Герцог попытался отнять руку. Граф без усилий удержал ее, хрупкую, словно вырезанную из бумаги:

- Вам на меня наговаривают! – д`Обен поднялся с колена. – Знаю даже кто. Дурные людишки с жалкими душонками, которых изъела зависть, да срамная болезнь покоя не дает ни днем ни ночью. «Натворил» – слишком сильно сказано! Ведь, можно невесть что вообразить, будто я преступление какое совершил, вдову ограбил, сироту обездолил, или еще чего похуже!..

- Вы присоединяйтесь, - принц указал графу на место напротив себя.

Д`Обен уселся, наскоро сполоснул руки в поданном ему тазу, вытер их о камзол слуги.

- Да, вот, весьма кстати, у меня со вчерашнего дня ни крошки во рту не было, - он взял, примерившись, изрядный кусок хлеба, обмакнул в бокал с вином. – Что у нас за век суетливый! Времени на еду не достает. О чем я, монсеньор? Пожалуй, о сущем пустяке. Может, Вам и не интересно? И не стоит мне?..

- Отчего же? Поведайте нам с господином епископом о своих новых подвигах, - произнес принц.

Д`Обен сидя поклонился священнослужителю и вновь обратился к герцогу:

- Врать не стану, ибо неизменно честен с вами, монсеньор. Расскажу все, как на духу. Я его не убил, ранил только, ей Богу, клянусь пресвятой печенкой!
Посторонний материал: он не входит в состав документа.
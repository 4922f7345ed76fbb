-- ===== src/Market.antt =====
-- The life of a market: its types, its tables, and the market service.
pub mod Types
pub mod Store
pub mod Service
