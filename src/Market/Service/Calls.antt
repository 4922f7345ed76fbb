-- ===== src/Market/Service/Calls.antt =====
-- Which calls of marketBackend/src/services/marketService.ts leave the markets governed, for those
-- that no status of a market guards.
use omen_backend.Base.{
  ℕ, ◌≡◌, refl, Bool, true, false, not, ◌||◌, Option, none, some, ◌==◌, if◌then◌else◌, insert,
  is_some, arith,
}
use omen_backend.Base.Keeps.{Keeps, keeps_rules}
use omen_backend.Market.Types.{
  MarketStatus, pending_approval, approved, activating, active, Market, MarketEventType,
}
use omen_backend.Market.Store.{
  DeploymentJob, MarketState, CreateMarketInput, create_market, change_market, update_market_status,
  approve_market, reject_market, find_market, create_market_asset, publish_market_event,
  add_deployment,
}
use omen_backend.Market.Service.{get_market, request_approval}

abbrev pub needs_approval : MarketStatus → Bool
needs_approval approved = true
needs_approval activating = true
needs_approval active = true
needs_approval _ = false

-- A market that is approved, on its way or live has someone who approved it.
abbrev pub IsGoverned : Market → Type 0
IsGoverned m = (not (needs_approval m.status) || is_some m.approved_by) ≡ true

abbrev pub IsGovernedRow : Option Market → Type 0
IsGovernedRow none = Unit
IsGovernedRow (some m) = IsGoverned m

abbrev pub AreGoverned : MarketState → Type 0
AreGoverned s = (id : ℕ) → IsGovernedRow (s.markets id)

pub row-IsGoverned :
    (s : MarketState) (id : ℕ) {m : Market} → AreGoverned s → s.markets id ≡ some m → IsGoverned m
row-IsGoverned s id g e = let h = g id in rw e at h

-- A governed row among governed rows.
pub insert-governed :
    (s : MarketState) (id : ℕ) (m : Market)
    → AreGoverned s
    → IsGoverned m
    → (j : ℕ) → IsGovernedRow (insert id m s.markets j)
insert-governed s id m g h j = by_id (j == id)
  where
    by_id : (b : Bool) → IsGovernedRow (if b then some m else s.markets j)
    by_id true = h
    by_id false = g j

-- The calls after which the markets are governed, if they were before.
pub Keeps-event :
    (id : ℕ) (t : MarketEventType) (actor : ℕ) → Keeps AreGoverned (publish_market_event id t actor)
unfolding publish_market_event
Keeps-event id t actor = record { at = λ s g. g }

pub Keeps-job : (job : DeploymentJob) → Keeps AreGoverned (add_deployment job)
unfolding add_deployment
Keeps-job job = record { at = λ s g. g }

pub Keeps-asset : (id : ℕ) → Keeps AreGoverned (create_market_asset id)
unfolding create_market_asset
Keeps-asset id = record { at = λ s g. g }

pub Keeps-create : (input : CreateMarketInput) → Keeps AreGoverned (create_market input)
unfolding create_market
Keeps-create input = record { at = λ s g. insert-governed s s.next_id _ g refl }

change-governed :
    (id : ℕ) (f : Market → Market) (s : MarketState)
    → ((m : Market) → IsGoverned m → IsGoverned (f m))
    → AreGoverned s
    → AreGoverned (change_market id f s).1
unfolding change_market
change-governed id f s k g = by_row (s.markets id) refl
  where
    by_row : (row : Option Market) → s.markets id ≡ row → AreGoverned (change_market id f s).1
    by_row none e = rw (e, change_market) g
    by_row (some m) e =
        rw (e, change_market) (insert-governed s id (f m) g (k m (row-IsGoverned s id g e)))

pub Keeps-status :
    (id : ℕ) (status : MarketStatus)
    → needs_approval status ≡ false
    → Keeps AreGoverned (update_market_status id status)
unfolding update_market_status
Keeps-status id status h = record { at = λ s g. change-governed id _ s (λ m k. ground arith) g }

pub Keeps-approve : (id approver : ℕ) → Keeps AreGoverned (approve_market id approver)
unfolding approve_market
Keeps-approve id approver = record { at = λ s g. change-governed id _ s (λ m k. refl) g }

pub Keeps-reject : (id : ℕ) (reason : Option ℕ) → Keeps AreGoverned (reject_market id reason)
unfolding reject_market
Keeps-reject id reason = record { at = λ s g. change-governed id _ s (λ m k. refl) g }

pub Keeps-get : (id : ℕ) → Keeps AreGoverned (get_market id)
unfolding get_market find_market
Keeps-get id = search keeps_rules

Keeps-pending : (id : ℕ) → Keeps AreGoverned (update_market_status id pending_approval)
Keeps-pending id = Keeps-status id pending_approval refl

pub Keeps-request : (id admin : ℕ) → Keeps AreGoverned (request_approval id admin)
unfolding request_approval
Keeps-request id admin = search (keeps_rules, Keeps-get, Keeps-pending, Keeps-event)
- Воздержитесь от богохульств! – воскликнул епископ Сен-Мало.

- Кого? – спросил герцог, и отложил свою ложку.

- Да как же? Вы что, разве ничего не знаете? Сами сказали: «натворил»... Дурак я, получается, не надо было мне вам признаваться.

- Так кого?

Теперь не отстанет.

- Одного щегла, который пел довольно надоедливо, вернее, расчирикавшегося не в меру воробья... Воробушка...

- Из чьей свиты сия птица?

- Пес его разберет! Кажется, Анри де Гиза.

- Лотарингцев нет при дворе.

- Тогда, понятия не имею. Не похоже, чтобы этот дурень отличался знатностью, уж тем паче добрым воспитанием... Если же вы меня спросите, то, пожалуй, был он тайный гугенот.

Граф перекрестился в унисон с епископом Сен-Мало.

- Был все-таки?

Снова здорова.

- Ах, ну не привязывайтесь вы к словам, ваше высочество! Был, не был, не суть важно. Хирург, которого позвали, весьма сведущий - по виду, по крайней мере, - заверил нас, при том несчатном случае присутствующих, что воробей скорее всего не сегодня, так завтра Богу душу отдаст, то есть черту. Жариться ему на адской сковороде, потому как до чистилища он не доберется! Готов поручиться!       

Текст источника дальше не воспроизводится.